== Recorded data

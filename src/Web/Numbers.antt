-- ===== src/Web/Numbers.antt =====
-- Numbers that the layouts of src/utils/layout.ts write and read again.
use marinade_tenderize_from.Prelude.{
  ℕ, zero, suc, ◌+◌, ◌-◌, ◌^◌, ◌≡◌, ◌<◌, ◌≤◌, refl, sym, ap, ◌∙◌, inl, inr, List, [], ◌++◌, arith,
  length, take, drop, replicate, All, All-append, length-append, length-take, length-drop,
  take-append, drop-append, drop-drop, Bool-cases, ◌==◌,
}
use marinade_tenderize_from.Effect.{Result, ok}
use marinade_tenderize_from.Buffer.{Buffer, ◌>>=◌, slice, copy, overwrite, of_le}
use marinade_tenderize_from.Buffer.Writes.{copy-filled, take_all}
use marinade_tenderize_from.Web.Layout.{
  Libraries, LibraryLaws, reversed, padded, uint64_encode, uint128_encode,
}
use marinade_tenderize_from.Web.RoundTrip.{padded_lem}
use marinade_tenderize_from.Web.Decode.{
  Decoders, DecoderLaws, value, joined, uint64_decode, uint128_decode,
}
use marinade_tenderize_from.Web.Hex.{IsByte, joined_lem}

All-zeros : (n : ℕ) → All IsByte (replicate n 0)
All-zeros zero = tt
All-zeros (suc n) = (omega arith, All-zeros n)

padded-IsByte :
    (size : ℕ) (bs : List ℕ) → length bs ≤ size → All IsByte bs → All IsByte (padded size bs)
unfolding padded
padded-IsByte size bs h bytes = elim (Bool-cases (length bs == size)) [
  | inl e ↦ rw e bytes
  | inr e ↦
      rw (e, copy-filled bs [] 0 size (size - length bs) refl (omega arith))
        (All-append IsByte bs _ bytes (All-zeros (size - length bs)))
]

-- `d'` is `d` but for the bytes from `p` on, which are `bs`.
abbrev pub IsPatched : List ℕ → ℕ → Buffer → Buffer → Type 0
IsPatched bs p d d' =
    (length d' ≡ length d)
    × (slice d' p (p + length bs) ≡ bs)
    × (take p d' ≡ take p d)
    × (drop (p + length bs) d' ≡ drop (p + length bs) d)

-- what stands in front of the bytes, and behind that
front_lem :
    (p : ℕ) (xs ys : List ℕ) → length xs ≡ p → (take p (xs ++ ys) ≡ xs) × (drop p (xs ++ ys) ≡ ys)
front_lem p xs ys e = rw (sym e) (take-append xs ys, drop-append xs ys)

copy-IsPatched :
    (bs : List ℕ) (d : Buffer) (p : ℕ) → p + length bs ≤ length d → IsPatched bs p d (copy bs d p).1
unfolding copy overwrite
copy-IsPatched bs d p h =
    let whole : take (length d - p) bs ≡ bs = take_all _ bs (omega (arith, h)) in
    let rest : List ℕ = drop (p + length bs) d in
    let front : length (take p d) ≡ p = length-take p d (omega (arith, h)) in
    let (before, behind) = front_lem p (take p d) (bs ++ rest) front in
    let width : p + length bs - p ≡ length bs = omega arith in
    rw whole (
      omega (
        arith,
        h,
        front,
        length-append (take p d) (bs ++ rest),
        length-append bs rest,
        length-drop (p + length bs) d,
      ),
      rw (behind, width) (take-append bs rest),
      before,
      sym (drop-drop (length bs) p _) ∙ (rw behind (drop-append bs rest)),
    )

module _ {l : Libraries} {K : Type 0} (laws : LibraryLaws l) (r : Decoders l K)
    (read : DecoderLaws r) where
  -- A number is written into these bytes, and read from there.
  abbrev pub IsNumberAt :
      ℕ → ℕ → ℕ → Buffer → Result Buffer → (Buffer → ℕ → Result l.BigNumber) → Type 0
  IsNumberAt size n p d encoded decode =
      (d' : Buffer) × (encoded ≡ ok d')
      × (length d' ≡ length d)
      × (take p d' ≡ take p d)
      × (drop (p + size) d' ≡ drop (p + size) d)
      × (m : l.BigNumber) × (decode d' p ≡ ok m)
      × (value l m ≡ n)

  number_lem :
      (size n p : ℕ) (d : Buffer)
      → 8 ≤ size
      → n < 2 ^ 53
      → p + size ≤ length d
      → IsNumberAt size n p d
          (l.blob_encode size (padded size (reversed (l.to_array (l.new_big_number n)))) d p)
          (λ d p. r.blob_decode size d p >>= λ bs. ok (r.big_number_of_hex (joined (reversed bs))))
  number_lem size n p d wide small inside =
      let raw : List ℕ = reversed (l.to_array (l.new_big_number n)) in
      let bs : List ℕ = padded size raw in
      let short : length raw ≤ size = omega (arith, laws.array-short n small) in
      let (long, same) = padded_lem size raw short in
      let (kept, written, before, behind) = copy-IsPatched bs d p (omega (arith, long, inside)) in
      let there : slice (copy bs d p).1 p (p + size) ≡ bs =
        ap (λ k. slice (copy bs d p).1 p (p + k)) (sym long) ∙ written in
      let (m, decoded, is_number) =
        joined_lem r read size p (copy bs d p).1
          (rw there (padded-IsByte size raw short (read.array-bytes n)))
          (omega (arith, kept, inside)) in
      (
        (copy bs d p).1,
        laws.blob_encode-copies size bs d p long inside,
        kept,
        before,
        ap (λ k. drop (p + k) (copy bs d p).1) (sym long) ∙ behind ∙ ap (λ k. drop (p + k) d) long,
        m,
        decoded,
        is_number ∙ ap of_le there ∙ same ∙ laws.array-value n small,
      )

  -- Where the libraries do as documented and the bytes are within the buffer, a number below 2 ^ 53
  -- that the layout of 64 bits, or the one of 128 bits, encodes is decoded from there, and no other
  -- byte changes.
  pub uint_round_trip :
      (n p : ℕ) (d d' : Buffer)
      → n < 2 ^ 53
      → p + 8 ≤ length d
      → p + 16 ≤ length d'
      → IsNumberAt 8 n p d (uint64_encode l (l.new_big_number n) d p) (uint64_decode l r)
        × IsNumberAt 16 n p d' (uint128_encode l (l.new_big_number n) d' p) (uint128_decode l r)
  unfolding uint64_encode uint128_encode uint64_decode uint128_decode
  uint_round_trip n p d d' small inside inside' = (
    number_lem 8 n p d (omega arith) small inside,
    number_lem 16 n p d' (omega arith) small inside',
  )
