-- ===== src/Web/Agreement.antt =====
-- TenderizeParser of src/models/lending/tenderize.ts and parseState of experiment/tenderize.ts on the
-- same account.
use marinade_tenderize_from.Prelude.{
  ℕ, ◌+◌, ◌≡◌, ◌≤◌, ◌⊎◌, inl, inr, refl, ◌∙◌, ap, Option, none, some, List, [], ◌∷◌, arith, length,
  take, All, le→leb,
}
use marinade_tenderize_from.Effect
use marinade_tenderize_from.Effect.{Result, ok, pure, lift}
use marinade_tenderize_from.Buffer.{Buffer, slice, of_le, read_uint_le}
use marinade_tenderize_from.Web3.{Web3, AccountInfo}
use marinade_tenderize_from.Pool.Types.{State}
use marinade_tenderize_from.Pool.Client.{Program, Session}
use marinade_tenderize_from.Pool.Accounts.{parse_state}
use marinade_tenderize_from.Pool.Reading.{state_of, state_of_contents}
use marinade_tenderize_from.Web.Layout.{Libraries, tenderize_layout, span}
use marinade_tenderize_from.Web.Decode.{
  Decoders, DecoderLaws, TenderizeInfo, ParsedTenderize, value, public_key_decode, uint64_decode,
  tenderize_decode, parse_contents, tenderize_parser,
}
use marinade_tenderize_from.Web.Hex.{IsByte, IsDecoded, uint64_decode_lem}

read_uint_le-inside :
    (size : ℕ) (d : Buffer) (p : ℕ)
    → p + size ≤ length d
    → read_uint_le size d p ≡ ok (of_le (slice d p (p + size)))
unfolding read_uint_le
read_uint_le-inside size d p h = rw (le→leb (p + size) (length d) h) refl

module _ (w : Web3) (l : Libraries) where
  open w use {PublicKey}

  -- The state of the client, from that of the web application: its numbers by their values.
  abbrev pub as_state : TenderizeInfo l PublicKey → State PublicKey
  as_state t = record {
    version = t.version;
    owner = t.owner;
    validator_stake_list = t.validator_stake_list;
    credit_list = t.credit_list;
    pool_mint = t.pool_mint;
    owner_fee_account = t.owner_fee_account;
    credit_reserve = t.credit_reserve;
    token_program = t.token_program;
    stake_total = value l t.stake_total;
    pool_total = value l t.pool_total;
    last_epoch_update = value l t.last_epoch_update;
    fee_denominator = value l t.fee_denominator;
    fee_numerator = value l t.fee_numerator;
  }

  abbrev pub as_found : Option (ParsedTenderize l PublicKey) → Option (State PublicKey)
  as_found none = none
  as_found (some t) = some (as_state t.info)

  -- No account, an account without contents, or one with bytes for the whole layout.
  abbrev pub IsWhole : Option AccountInfo → Type 0
  IsWhole none = Unit
  IsWhole (some info) =
      All IsByte info.contents
      × ((info.contents ≡ []) ⊎ (span tenderize_layout ≤ length info.contents))

  abbrev pub IsOf : PublicKey → Option AccountInfo → Option (ParsedTenderize l PublicKey) → Type 0
  IsOf pubkey account none = Unit
  IsOf pubkey account (some t) = (t.pubkey ≡ pubkey) × (some t.account ≡ account)

  module _ (r : Decoders l PublicKey) (laws : DecoderLaws r)
      (same_key : (bs : List ℕ) → r.new_public_key bs ≡ w.new_public_key bs) where
    key_at :
        (d : Buffer) (i p : ℕ)
        → span (take i tenderize_layout) ≡ p
        → p + 32 ≤ length d
        → public_key_decode l r d (r.field_offset tenderize_layout i)
          ≡ ok (w.new_public_key (slice d p (p + 32)))
    unfolding public_key_decode
    key_at d i p e h =
        rw
          (
            laws.field_offset-sums tenderize_layout i,
            e,
            laws.blob_decode-slices 32 d p h,
            same_key (slice d p (p + 32)),
          )
          refl

    blob_at :
        (d : Buffer) (i p n : ℕ)
        → span (take i tenderize_layout) ≡ p
        → p + n ≤ length d
        → r.blob_decode n d (r.field_offset tenderize_layout i) ≡ ok (slice d p (p + n))
    blob_at d i p n e h =
        rw (laws.field_offset-sums tenderize_layout i, e, laws.blob_decode-slices n d p h) refl

    number_at :
        (d : Buffer) (i p : ℕ)
        → All IsByte d
        → span (take i tenderize_layout) ≡ p
        → p + 8 ≤ length d
        → IsDecoded r laws 8 d p (uint64_decode l r d (r.field_offset tenderize_layout i))
    number_at d i p bytes e h =
        rw (laws.field_offset-sums tenderize_layout i, e) (uint64_decode_lem r laws d p bytes h)

    -- What both read from contents of the whole layout
    tenderize_decode-parse_state :
        (d : Buffer)
        → All IsByte d
        → span tenderize_layout ≤ length d
        → (t : TenderizeInfo l PublicKey) × (tenderize_decode l r d ≡ ok t)
          × (parse_state w d ≡ ok (as_state t))
    unfolding tenderize_decode parse_state
    tenderize_decode-parse_state d bytes h =
        let version : r.u8_decode d (r.field_offset tenderize_layout 0) ≡ ok (of_le (slice d 0 1)) =
          ap (λ at. r.u8_decode d at) (laws.field_offset-sums tenderize_layout 0)
          ∙ laws.u8_decode-reads d 0 (omega (arith, h))
          ∙ read_uint_le-inside 1 d 0 (omega (arith, h)) in
        let (total, decoded_total, is_total) = number_at d 10 232 bytes refl (omega (arith, h)) in
        let (pool, decoded_pool, is_pool) = number_at d 11 240 bytes refl (omega (arith, h)) in
        let (epoch, decoded_epoch, is_epoch) = number_at d 12 248 bytes refl (omega (arith, h)) in
        let (denominator, decoded_denominator, is_denominator) =
          number_at d 13 256 bytes refl (omega (arith, h)) in
        let (numerator, decoded_numerator, is_numerator) =
          number_at d 14 264 bytes refl (omega (arith, h)) in
        let key : ℕ → PublicKey = λ p. w.new_public_key (slice d p (p + 32)) in
        (
          record {
            version = of_le (slice d 0 1);
            owner = key 1;
            validator_stake_list = key 35;
            credit_list = key 67;
            pool_mint = key 99;
            owner_fee_account = key 131;
            credit_reserve = key 163;
            token_program = key 195;
            stake_total = total;
            pool_total = pool;
            last_epoch_update = epoch;
            fee_denominator = denominator;
            fee_numerator = numerator;
          },
          rw
              (
                version,
                key_at d 1 1 refl (omega (arith, h)),
                blob_at d 2 33 2 refl (omega (arith, h)),
                key_at d 3 35 refl (omega (arith, h)),
                key_at d 4 67 refl (omega (arith, h)),
                key_at d 5 99 refl (omega (arith, h)),
                key_at d 6 131 refl (omega (arith, h)),
                key_at d 7 163 refl (omega (arith, h)),
                key_at d 8 195 refl (omega (arith, h)),
                blob_at d 9 227 5 refl (omega (arith, h)),
                decoded_total,
                decoded_pool,
                decoded_epoch,
                decoded_denominator,
                decoded_numerator,
              )
              refl,
          rw
              (
                read_uint_le-inside 1 d 0 (omega (arith, h)),
                read_uint_le-inside 8 d 232 (omega (arith, h)),
                read_uint_le-inside 8 d 240 (omega (arith, h)),
                read_uint_le-inside 8 d 248 (omega (arith, h)),
                read_uint_le-inside 8 d 256 (omega (arith, h)),
                read_uint_le-inside 8 d 264 (omega (arith, h)),
                is_total,
                is_pool,
                is_epoch,
                is_denominator,
                is_numerator,
              )
              refl,
        )

    contents_lem :
        (prog : Program w) (pubkey : PublicKey) (info : AccountInfo) (d : Buffer) (s : Session w)
        → All IsByte d
        → (d ≡ []) ⊎ (span tenderize_layout ≤ length d)
        → (parsed : Option (ParsedTenderize l PublicKey)) × (parse_contents l r pubkey info d
            ≡ ok parsed)
          × (state_of_contents w prog d s ≡ (ok (as_found parsed), s))
          × IsOf pubkey (some info) parsed
    unfolding parse_contents state_of_contents pure lift Effect.◌>>=◌
    contents_lem prog pubkey info [] s bytes whole = (none, refl, refl, tt)
    contents_lem prog pubkey info (b ∷ bs) s bytes (inl e) = absurd (cc e)
    contents_lem prog pubkey info (b ∷ bs) s bytes (inr h) =
        let (t, decoded, parsed) = tenderize_decode-parse_state (b ∷ bs) bytes h in
        (
          some (record { pubkey = pubkey; account = info; info = t }),
          rw decoded refl,
          rw parsed refl,
          (refl, refl),
        )

    -- Where both read the same key from 32 bytes and the libraries do as documented, and where the
    -- account is missing, empty, or has bytes for the whole layout: TenderizeParser gives what
    -- parseState of the client gives, with the same keys and numbers, and nothing where the client
    -- reads nothing. It is of the address and the account that it was called with.
    pub tenderize_parser-state_of :
        (prog : Program w) (pubkey : PublicKey) (account : Option AccountInfo) (s : Session w)
        → IsWhole account
        → (parsed : Option (ParsedTenderize l PublicKey)) × (tenderize_parser l r pubkey account
            ≡ ok parsed)
          × (state_of w prog account s ≡ (ok (as_found parsed), s))
          × IsOf pubkey account parsed
    unfolding tenderize_parser state_of pure
    tenderize_parser-state_of prog pubkey none s h = (none, refl, refl, tt)
    tenderize_parser-state_of prog pubkey (some info) s (bytes, whole) =
        contents_lem prog pubkey info info.contents s bytes whole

====

## What you should do
The response must contain each line above that holds the string "Bool".

## Expected answer
  take-append, drop-append, drop-drop, Bool-cases, ◌==◌,
padded-IsByte size bs h bytes = elim (Bool-cases (length bs == size)) [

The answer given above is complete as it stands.